Sturridge zostanie jednak na dłużej?
Niesamowite bogactwo w formacji ofensywnej posiada menedżer Liverpoolu Jürgen Klopp. Oprócz żelaznej trójki, w skład której wchodzą Mohamed Salah, Roberto Firmino i Sadio Mane, Niemiec ma jeszcze do dyspozycji takich graczy jak Xherdan Shaqiri, Dominic Solanke czy Daniel Sturridge. Wydawało się, że ten ostatni jest już na wylocie z klubu, jednak Anglik powoli zaczyna odbudowywać się i stopniowo zyskuje zaufanie menedżera. Zaowocuje to prawdopodobnie przedłużeniem kontraktu przez napastnika.
29-latek za kadencji Jürgena Kloppa ma poważne problemy z ustabilizowaniem formy. W dużej mierze winne są temu kontuzje, które co rusz nękają snajpera The Reds. Po przyjściu takich graczy jak Salah czy Firmino rola Sturridge’a w klubie stała się marginalna. Wypożyczenie do West Bromwich Albion zimą tego roku, które okazało się totalnym niewypałem (6 rozegranych meczów, zaledwie 116 minut na boisku), miało przesądzić o jego przyszłości. Przyszłości poza Anfield. Napastnik został jednak w klubie i o dziwo zanotował całkiem solidny początek sezonu. Cztery gole na wszystkich frontach, biorąc pod uwagę, że jest on z reguły rezerwowym, to naprawdę dobry wynik. Anglik strzela bramkę średnio co 51 minut, w końcu czuje się pewnie na boisku. Co najistotniejsze, nareszcie jest zdrowy, urazy nie przeszkadzają mu w osiągnięciu dobrej formy.

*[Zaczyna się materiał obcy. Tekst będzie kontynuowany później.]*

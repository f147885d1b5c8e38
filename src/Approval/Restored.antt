-- ===== src/Approval/Restored.antt =====
-- backend/app/core/approval_registry.py: the records after `restore`.
use mama_ai.Prelude.{
  ℕ, suc, String, ◌≡◌, ◌≤◌, refl, arith, false, List, [], ◌∷◌, Bool-cases, inl, inr, length, some,
}
use mama_ai.Dict
use mama_ai.Dict.{Dict}
use mama_ai.Dict.Laws.{Holds, Holds-empty, Holds-put, IsDistinct, put-IsDistinct}
use mama_ai.Exec.Ensures.{Ensures, returned, raised, Ensures-lift, Ensures-bind}
use mama_ai.Exec.{Exec, lift}
use mama_ai.Result.{Result, ok, err}
use mama_ai.Approval.{ApprovalRecord, is_due, expire}
use mama_ai.Approval.Registry.{ApprovalRegistry, require_store, save_to}
use mama_ai.Approval.Restore.{
  ApprovalRow, from_row, expire_restored, restore_rows, list_from, restore,
}

-- A restored record: filed under its approval ID, and not overdue at the given time.
pub record IsCurrent (now : ℕ) (id : String) (r : ApprovalRecord) : Type 0 where
  pub keyed : r.approval_id ≡ id
  pub current : is_due now r ≡ false

-- An expired record is never overdue, and a later reading is stricter.
expire-current : (now : ℕ) (r : ApprovalRecord) → is_due now (expire r) ≡ false
unfolding expire is_due
expire-current now r = refl

is_due-le :
    (now later : ℕ) (r : ApprovalRecord)
    → now ≤ later
    → is_due later r ≡ false
    → is_due now r ≡ false
unfolding is_due
is_due-le now later r l h = ground arith

module _ {Db : Type 0} (save_approval : ApprovalRecord → Exec Db (Unit {0}))
    (list_approvals : ℕ → Exec Db (List ApprovalRow)) (now : ℕ) (clock : ℕ → ℕ)
    (later : (i : ℕ) → now ≤ clock i) where
  abbrev Kept : Dict ApprovalRecord → ApprovalRegistry Db → Type 0
  Kept d s = s.records ≡ d

  save_to-Kept :
      (db : Result Db) (r : ApprovalRecord) (s : ApprovalRegistry Db)
      → Ensures (λ u s'. Kept s.records s') (Kept s.records) (save_to save_approval db r s)
  unfolding save_to
  save_to-Kept (err e) r s = raised e s refl
  save_to-Kept (ok db) r s =
      Ensures-lift (save_approval r db).0 (record s { store = some (save_approval r db).1 })
        (λ u h. refl) refl

  list_from-Kept :
      (db : Result Db) (s : ApprovalRegistry Db)
      → Ensures
          (λ u s'. Kept s.records s')
          (Kept s.records)
          (list_from save_approval list_approvals db s)
  unfolding list_from
  list_from-Kept (err e) s = raised e s refl
  list_from-Kept (ok db) s =
      Ensures-lift (list_approvals 1000 db).0 (record s { store = some (list_approvals 1000 db).1 })
        (λ u h. refl) refl

  expire_restored-current :
      (i : ℕ) (r : ApprovalRecord) (s : ApprovalRegistry Db)
      → Ensures
          (λ r' s'. (is_due now r' ≡ false) × Kept s.records s')
          (Kept s.records)
          (expire_restored save_approval list_approvals (clock i) r s)
  unfolding expire_restored
  expire_restored-current i r s = elim (Bool-cases (is_due (clock i) r)) [
    | inr e ↦ rw e (returned r s (is_due-le now (clock i) r (later i) e, refl))
    | inl e ↦ rw e (
        Ensures-bind
          (save_to save_approval (require_store s.persistence_enabled s.store) (expire r) s) _
          (save_to-Kept (require_store s.persistence_enabled s.store) (expire r) s)
          λ u s1 k. returned (expire r) s1 (expire-current now r, k))
  ]

  restore_rows-IsCurrent :
      (i : ℕ) (d : Dict ApprovalRecord) (rows : List ApprovalRow) (s : ApprovalRegistry Db)
      → Holds (IsCurrent now) d × IsDistinct d
      → Ensures
          (λ d' s'. Holds (IsCurrent now) d' × IsDistinct d')
          (Kept s.records)
          (restore_rows save_approval list_approvals clock i d rows s)
  unfolding restore_rows
  restore_rows-IsCurrent i d [] s h = returned d s h
  restore_rows-IsCurrent i d (row ∷ rows) s h =
      Ensures-bind {P = λ r s'. s' ≡ s} (lift (from_row row) s) _
        (Ensures-lift (from_row row) s (λ r e. refl) refl)
        λ r s1 p. rw p (
          Ensures-bind (expire_restored save_approval list_approvals (clock i) r s) _
            (expire_restored-current i r s)
            λ r' s2 q. rw (← q.1) (
              restore_rows-IsCurrent (suc i) (Dict.put r'.approval_id r' d) rows s2 (
                Holds-put (IsCurrent now) r'.approval_id r' d h.0
                    (record { keyed = refl; current = q.0 }),
                put-IsDistinct r'.approval_id r' d h.1,
              )))

  -- Whatever rows the store returns, a `restore` that returns leaves every record under its own
  -- approval ID, the keys distinct, and no active record overdue at any time that is not later than
  -- the readings of the clock, and returns the number of records; one that raises leaves the
  -- records as they were.
  pub restore-IsCurrent :
      (s : ApprovalRegistry Db)
      → Ensures
          (λ n s'.
            Holds (IsCurrent now) s'.records × IsDistinct s'.records × (n ≡ length s'.records))
          (Kept s.records)
          (restore save_approval list_approvals clock s)
  unfolding restore
  restore-IsCurrent s =
      Ensures-bind
        (list_from save_approval list_approvals (require_store s.persistence_enabled s.store) s) _
        (list_from-Kept (require_store s.persistence_enabled s.store) s)
        λ rows s2 k. rw (← k) (
          Ensures-bind (restore_rows save_approval list_approvals clock 0 [] rows s2) _
            (restore_rows-IsCurrent 0 [] rows s2 (Holds-empty (IsCurrent now), tt))
            λ d s3 h. returned _ _ (h.0, h.1, refl))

Wobec tych sprzyjających okoliczności Sturridge pragnie pozostać w Liverpoolu. Kontrakt kończy mu się już za rok, więc to odpowiednia pora, aby zastanowić się nad swoją przyszłością. Oczywiście, nie należy się spodziewać, że Anglik nagle wygryzie kogoś z pierwszego składu i zacznie regularnie grać od początku. Rola jokera, po tylu ciężkich sezonach, w których kompletnie nic nie szło po myśli napastnika, naprawdę nie jest złą opcją. Zwłaszcza że Klopp w końcu w niego uwierzył.